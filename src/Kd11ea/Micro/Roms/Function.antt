-- ===== src/Kd11ea/Micro/Roms/Function.antt =====
-- The PROMs of the ALU function, the byte control and the B registers
-- (pdp11/kd11ea/roms/rom_images.h).
use ll.Prelude.{ℕ, List, [], ◌∷◌}

unfoldable pub e61_rom : List ℕ
e61_rom =
    5 ∷ 5 ∷ 5 ∷ 5 ∷ 5 ∷ 5 ∷ 5 ∷ 5 ∷ 5 ∷ 5 ∷ 5 ∷ 5 ∷ 5 ∷ 5 ∷ 5 ∷ 5 ∷ 0 ∷ 0 ∷ 1 ∷ 1 ∷ 2 ∷ 2 ∷ 3 ∷ 3
    ∷ 4 ∷ 4 ∷ 5 ∷ 5 ∷ 5 ∷ 5 ∷ 5 ∷ 5 ∷ 6 ∷ 6 ∷ 6 ∷ 6 ∷ 6 ∷ 6 ∷ 6 ∷ 6 ∷ 5 ∷ 5 ∷ 5 ∷ 5 ∷ 5 ∷ 5 ∷ 0 ∷ 5
    ∷ 5 ∷ 5 ∷ 5 ∷ 5 ∷ 5 ∷ 5 ∷ 5 ∷ 5 ∷ 5 ∷ 5 ∷ 5 ∷ 5 ∷ 5 ∷ 5 ∷ 5 ∷ 5 ∷ 5 ∷ 5 ∷ 5 ∷ 5 ∷ 5 ∷ 5 ∷ 5 ∷ 5
    ∷ 5 ∷ 5 ∷ 5 ∷ 5 ∷ 5 ∷ 5 ∷ 5 ∷ 5 ∷ 0 ∷ 0 ∷ 1 ∷ 1 ∷ 2 ∷ 2 ∷ 3 ∷ 3 ∷ 4 ∷ 4 ∷ 5 ∷ 5 ∷ 5 ∷ 5 ∷ 5 ∷ 5
    ∷ 6 ∷ 6 ∷ 6 ∷ 6 ∷ 6 ∷ 6 ∷ 6 ∷ 6 ∷ 5 ∷ 5 ∷ 5 ∷ 5 ∷ 5 ∷ 5 ∷ 7 ∷ 5 ∷ 5 ∷ 5 ∷ 5 ∷ 5 ∷ 5 ∷ 5 ∷ 5 ∷ 5
    ∷ 5 ∷ 5 ∷ 5 ∷ 5 ∷ 5 ∷ 5 ∷ 5 ∷ 5 ∷ 5 ∷ 5 ∷ 5 ∷ 5 ∷ 5 ∷ 5 ∷ 5 ∷ 5 ∷ 5 ∷ 5 ∷ 5 ∷ 5 ∷ 5 ∷ 5 ∷ 5 ∷ 5
    ∷ 0 ∷ 0 ∷ 1 ∷ 1 ∷ 2 ∷ 2 ∷ 3 ∷ 3 ∷ 4 ∷ 4 ∷ 2 ∷ 2 ∷ 3 ∷ 3 ∷ 5 ∷ 5 ∷ 6 ∷ 6 ∷ 6 ∷ 6 ∷ 6 ∷ 6 ∷ 6 ∷ 6
    ∷ 5 ∷ 5 ∷ 5 ∷ 5 ∷ 5 ∷ 5 ∷ 0 ∷ 5 ∷ 5 ∷ 5 ∷ 5 ∷ 5 ∷ 5 ∷ 5 ∷ 5 ∷ 5 ∷ 5 ∷ 5 ∷ 5 ∷ 5 ∷ 5 ∷ 5 ∷ 5 ∷ 5
    ∷ 5 ∷ 5 ∷ 5 ∷ 5 ∷ 5 ∷ 5 ∷ 5 ∷ 5 ∷ 5 ∷ 5 ∷ 5 ∷ 5 ∷ 5 ∷ 5 ∷ 5 ∷ 5 ∷ 0 ∷ 0 ∷ 1 ∷ 1 ∷ 2 ∷ 2 ∷ 3 ∷ 3
    ∷ 4 ∷ 4 ∷ 2 ∷ 2 ∷ 3 ∷ 3 ∷ 5 ∷ 5 ∷ 6 ∷ 6 ∷ 6 ∷ 6 ∷ 6 ∷ 6 ∷ 6 ∷ 6 ∷ 5 ∷ 5 ∷ 5 ∷ 5 ∷ 5 ∷ 5 ∷ 7 ∷ 5
    ∷ 5 ∷ 5 ∷ 5 ∷ 5 ∷ 5 ∷ 5 ∷ 5 ∷ 5 ∷ 5 ∷ 5 ∷ 5 ∷ 5 ∷ 5 ∷ 5 ∷ 5 ∷ 5 ∷ []

unfoldable pub e80_rom : List ℕ
e80_rom =
    2 ∷ 2 ∷ 2 ∷ 2 ∷ 2 ∷ 2 ∷ 2 ∷ 2 ∷ 2 ∷ 2 ∷ 2 ∷ 2 ∷ 2 ∷ 2 ∷ 2 ∷ 2 ∷ 2 ∷ 2 ∷ 0 ∷ 0 ∷ 2 ∷ 2 ∷ 0 ∷ 0
    ∷ 2 ∷ 2 ∷ 0 ∷ 0 ∷ 2 ∷ 2 ∷ 0 ∷ 0 ∷ 10 ∷ 10 ∷ 10 ∷ 10 ∷ 10 ∷ 10 ∷ 10 ∷ 10 ∷ 10 ∷ 10 ∷ 10 ∷ 10 ∷ 10
    ∷ 10 ∷ 10 ∷ 10 ∷ 10 ∷ 10 ∷ 8 ∷ 8 ∷ 10 ∷ 10 ∷ 8 ∷ 8 ∷ 10 ∷ 10 ∷ 8 ∷ 8 ∷ 10 ∷ 10 ∷ 8 ∷ 8 ∷ 0 ∷ 0
    ∷ 0 ∷ 0 ∷ 0 ∷ 0 ∷ 0 ∷ 0 ∷ 0 ∷ 0 ∷ 0 ∷ 0 ∷ 0 ∷ 0 ∷ 0 ∷ 0 ∷ 0 ∷ 0 ∷ 0 ∷ 0 ∷ 0 ∷ 0 ∷ 0 ∷ 0 ∷ 0 ∷ 0
    ∷ 0 ∷ 0 ∷ 0 ∷ 0 ∷ 0 ∷ 0 ∷ 0 ∷ 0 ∷ 0 ∷ 0 ∷ 0 ∷ 0 ∷ 0 ∷ 0 ∷ 0 ∷ 0 ∷ 0 ∷ 0 ∷ 0 ∷ 0 ∷ 0 ∷ 0 ∷ 0 ∷ 0
    ∷ 0 ∷ 0 ∷ 0 ∷ 0 ∷ 0 ∷ 0 ∷ 0 ∷ 0 ∷ 0 ∷ 0 ∷ 0 ∷ 0 ∷ 0 ∷ 0 ∷ 6 ∷ 6 ∷ 6 ∷ 6 ∷ 6 ∷ 6 ∷ 6 ∷ 6 ∷ 6 ∷ 6
    ∷ 6 ∷ 6 ∷ 6 ∷ 6 ∷ 6 ∷ 6 ∷ 6 ∷ 6 ∷ 4 ∷ 4 ∷ 6 ∷ 6 ∷ 4 ∷ 4 ∷ 6 ∷ 6 ∷ 4 ∷ 4 ∷ 6 ∷ 6 ∷ 4 ∷ 4 ∷ 2 ∷ 0
    ∷ 2 ∷ 8 ∷ 2 ∷ 0 ∷ 2 ∷ 8 ∷ 2 ∷ 6 ∷ 2 ∷ 14 ∷ 2 ∷ 7 ∷ 2 ∷ 11 ∷ 2 ∷ 6 ∷ 0 ∷ 10 ∷ 2 ∷ 6 ∷ 0 ∷ 10 ∷ 2
    ∷ 6 ∷ 0 ∷ 10 ∷ 2 ∷ 6 ∷ 0 ∷ 10 ∷ 0 ∷ 0 ∷ 0 ∷ 0 ∷ 0 ∷ 0 ∷ 0 ∷ 0 ∷ 0 ∷ 0 ∷ 0 ∷ 0 ∷ 0 ∷ 0 ∷ 0 ∷ 0
    ∷ 0 ∷ 0 ∷ 0 ∷ 0 ∷ 0 ∷ 0 ∷ 0 ∷ 0 ∷ 0 ∷ 0 ∷ 0 ∷ 0 ∷ 0 ∷ 0 ∷ 0 ∷ 0 ∷ 0 ∷ 0 ∷ 0 ∷ 0 ∷ 0 ∷ 0 ∷ 0 ∷ 0
    ∷ 0 ∷ 0 ∷ 0 ∷ 0 ∷ 0 ∷ 0 ∷ 0 ∷ 0 ∷ 0 ∷ 0 ∷ 0 ∷ 0 ∷ 0 ∷ 0 ∷ 0 ∷ 0 ∷ 0 ∷ 0 ∷ 0 ∷ 0 ∷ 0 ∷ 0 ∷ 0 ∷ 0
    ∷ []

unfoldable pub e82_rom : List ℕ
e82_rom =
    71 ∷ 91 ∷ 10 ∷ 0x91 ∷ 17 ∷ 22 ∷ 0xca ∷ 0x78 ∷ 42 ∷ 23 ∷ 13 ∷ 88 ∷ 21 ∷ 86 ∷ 0 ∷ 0 ∷ 95 ∷ 96
    ∷ 0xaa ∷ 0x8a ∷ 68 ∷ 92 ∷ 0xf1 ∷ 0x96 ∷ 6 ∷ 20 ∷ 0x8d ∷ 0 ∷ 5 ∷ 0 ∷ 0 ∷ 0 ∷ []

unfoldable pub e83_rom : List ℕ
e83_rom =
    0 ∷ 0 ∷ 5 ∷ 0 ∷ 1 ∷ 0 ∷ 0x84 ∷ 0 ∷ 0x82 ∷ 0 ∷ 0x86 ∷ 0 ∷ 0x80 ∷ 0 ∷ 0x81 ∷ 0 ∷ 0 ∷ 0 ∷ 5 ∷ 0 ∷ 1
    ∷ 0 ∷ 0x84 ∷ 0 ∷ 0x82 ∷ 0 ∷ 0x86 ∷ 0 ∷ 1 ∷ 0 ∷ 0 ∷ 0 ∷ []

unfoldable pub e87_rom : List ℕ
e87_rom =
    0xc3 ∷ 0 ∷ 0xf2 ∷ 0 ∷ 0xcf ∷ 0 ∷ 0xd7 ∷ 0 ∷ 0xe0 ∷ 0 ∷ 0xf7 ∷ 0 ∷ 0xf4 ∷ 0 ∷ 0xe7 ∷ 0 ∷ 0xc4 ∷ 0
    ∷ 0xc7 ∷ 0 ∷ 0xd2 ∷ 0 ∷ 0xc9 ∷ 0 ∷ 0xd4 ∷ 0 ∷ 0xb6 ∷ 0 ∷ 0xde ∷ 0 ∷ 67 ∷ 0 ∷ []

unfoldable pub e102_rom : List ℕ
e102_rom =
    0 ∷ 0 ∷ 0 ∷ 4 ∷ 0 ∷ 64 ∷ 0 ∷ 20 ∷ 0 ∷ 2 ∷ 0 ∷ 66 ∷ 0 ∷ 32 ∷ 0 ∷ 0 ∷ 0 ∷ 0x80 ∷ 0 ∷ 56 ∷ 0 ∷ 0
    ∷ 0 ∷ 48 ∷ 0 ∷ 16 ∷ 0 ∷ 0xff ∷ 0 ∷ 1 ∷ 0 ∷ 0 ∷ []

━━━━━━

From the data above, output only the lines between the line containing "2 ∷ 6 ∷ 2 ∷ 14" and the line containing "6 ∷ 0 ∷ 10 ∷ 0", inclusive, exactly as written.

    ∷ 2 ∷ 8 ∷ 2 ∷ 0 ∷ 2 ∷ 8 ∷ 2 ∷ 6 ∷ 2 ∷ 14 ∷ 2 ∷ 7 ∷ 2 ∷ 11 ∷ 2 ∷ 6 ∷ 0 ∷ 10 ∷ 2 ∷ 6 ∷ 0 ∷ 10 ∷ 2
    ∷ 6 ∷ 0 ∷ 10 ∷ 2 ∷ 6 ∷ 0 ∷ 10 ∷ 0 ∷ 0 ∷ 0 ∷ 0 ∷ 0 ∷ 0 ∷ 0 ∷ 0 ∷ 0 ∷ 0 ∷ 0 ∷ 0 ∷ 0 ∷ 0 ∷ 0 ∷ 0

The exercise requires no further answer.